Realtime's Postgres Changes feature listens for database changes and sends them to clients. Clients are required to subscribe with a JWT dictating which changes they are allowed to receive based on the database's Row Level Security.

Anyone with access to a valid JWT signed with the project's JWT secret is able to listen to your database's changes, unless tables have Row Level Security enabled and policies in place.

Clients can choose to receive INSERT, UPDATE, DELETE, or * (all) changes for all changes in a schema, a table in a schema, or a column's value in a table. Your clients should only listen to tables in the public schema and you must first enable the tables you want your clients to listen to.
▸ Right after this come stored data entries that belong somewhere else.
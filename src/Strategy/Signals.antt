-- ===== src/Strategy/Signals.antt =====
-- What a signal may lead to.
use pg_tsy_core_bootstrap.Prelude.{
  ℕ, Bool, true, false, none, some, ◌≡◌, ◌≢◌, ◌⊎◌, arith, string_eq,
}
use pg_tsy_core_bootstrap.Decimal.{Decimal}
use pg_tsy_core_bootstrap.Float.{Float}
use pg_tsy_core_bootstrap.Types.{Signal, Uuid, Side, ExposureEffect, OrderIntent, is_expired}
use pg_tsy_core_bootstrap.Strategy.Defs.{StrategyPhase, StrategyDecision, StrategyMachine}
use pg_tsy_core_bootstrap.Strategy.Machine.{on_signal, submit_entry, submit_exit}

abbrev pub is_awaiting : StrategyPhase → Bool
is_awaiting StrategyPhase.entering_long = true
is_awaiting StrategyPhase.entering_short = true
is_awaiting StrategyPhase.exiting_long = true
is_awaiting StrategyPhase.exiting_short = true
is_awaiting _ = false

module _ {Q : Type 0} where
  abbrev pub is_submit : StrategyDecision Q → Bool
  is_submit (StrategyDecision.submit i) = true
  is_submit _ = false

module _ {Q F : Type 0} ⦃d : Decimal Q⦄ ⦃f : Float F⦄ where
  -- An intent that enters: of the configured size, from flat, on the side that the score shows.
  abbrev pub IsEntry : StrategyMachine Q F → Signal F → OrderIntent Q → Type 0
  IsEntry m signal i =
      (m.state.phase ≡ StrategyPhase.flat)
      × (i.effect ≡ ExposureEffect.increase)
      × (i.quantity ≡ m.config.order_quantity)
      × (((i.side ≡ Side.buy) × (f.le m.config.entry_score signal.score ≡ true))
          ⊎ ((i.side ≡ Side.sell)
              × (m.config.allow_short ≡ true)
              × (f.le signal.score (f.neg m.config.entry_score) ≡ true)))

  -- An intent that leaves: reduce-only, of the whole position, against it.
  abbrev pub IsExit : StrategyMachine Q F → OrderIntent Q → Type 0
  IsExit m i =
      (i.effect ≡ ExposureEffect.reduce_only)
      × (i.quantity ≡ d.abs m.state.net_quantity)
      × (((m.state.phase ≡ StrategyPhase.long) × (i.side ≡ Side.sell))
          ⊎ ((m.state.phase ≡ StrategyPhase.short) × (i.side ≡ Side.buy)))

  -- An intent that a signal leads to is a market order for the strategy's own asset at its venue,
  -- caused by a signal that is alive and not the last one seen; it is an entry from flat of the
  -- configured size (short only where that is allowed), or the reduce-only exit of the whole
  -- position; and the machine then awaits exactly that intent.
  pub on_signal-submit :
      (m : StrategyMachine Q F) (fresh : Uuid) (signal : Signal F) (now_ns : ℕ) (i : OrderIntent Q)
      → (on_signal m fresh signal now_ns).1 ≡ StrategyDecision.submit i
      → (i.asset ≡ m.config.asset)
        × (i.venue ≡ m.config.venue)
        × (i.limit_price ≡ none)
        × (is_expired signal now_ns ≡ false)
        × (m.state.last_signal_id ≢ some signal.signal_id)
        × (IsEntry m signal i ⊎ IsExit m i)
        × (is_awaiting (on_signal m fresh signal now_ns).0.state.phase ≡ true)
        × ((on_signal m fresh signal now_ns).0.state.active_intent_id ≡ some i.intent_id)
  unfolding on_signal submit_entry submit_exit
  on_signal-submit m fresh signal now_ns i h =
      ground (arith, string_eq.beq_iff signal.signal_id signal.signal_id)

  -- While an intent is in flight, in safe hold, in an unknown state or halted, no signal leads to
  -- an intent, and the phase, the position and the intent in flight stay as they were.
  pub on_signal_blocked :
      (m : StrategyMachine Q F) (fresh : Uuid) (signal : Signal F) (now_ns : ℕ)
      → (is_awaiting m.state.phase ≡ true)
        ⊎ ((m.state.phase ≡ StrategyPhase.safe_hold)
            ⊎ ((m.state.phase ≡ StrategyPhase.unknown) ⊎ (m.state.phase ≡ StrategyPhase.halted)))
      → let m' = (on_signal m fresh signal now_ns).0 in
        (is_submit (on_signal m fresh signal now_ns).1 ≡ false)
        × (m'.state.phase ≡ m.state.phase)
        × (m'.state.net_quantity ≡ m.state.net_quantity)
        × (m'.state.active_intent_id ≡ m.state.active_intent_id)
  unfolding on_signal
  on_signal_blocked m fresh signal now_ns h = ground arith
Postgres Changes works out of the box for tables in the public schema. You can listen to tables in your private schemas by granting table SELECT permissions to the database role found in your access token. You can run a query similar to the following:

grant
select
  on "private_schema"."table" to authenticated;

caution

We strongly encourage you to enable RLS and create policies for tables in private schemas. Otherwise, any role you grant access to will have unfettered read access to the table.

Replication Setup#

You can do this in the Replication section in the Dashboard or with the SQL editor:

begin;

-- remove the supabase_realtime publication
drop
  publication if exists supabase_realtime;

-- re-create the supabase_realtime publication with no tables
create publication supabase_realtime;

commit;

-- add a table to the publication
alter
  publication supabase_realtime add table messages;

Full old Record#

By default, only new record changes are sent but if you want to receive the old record (previous values) whenever you UPDATE or DELETE a record, you can set the replica identity of your table to full:

alter table
  messages replica identity full;

caution

RLS policies are not applied to DELETE statements. When RLS is enabled and replica identity is set to full on a table, the old record contains only the primary key(s).

Schema Changes#

To listen to all changes in the public schema:

const { createClient } = require('@supabase/supabase-js')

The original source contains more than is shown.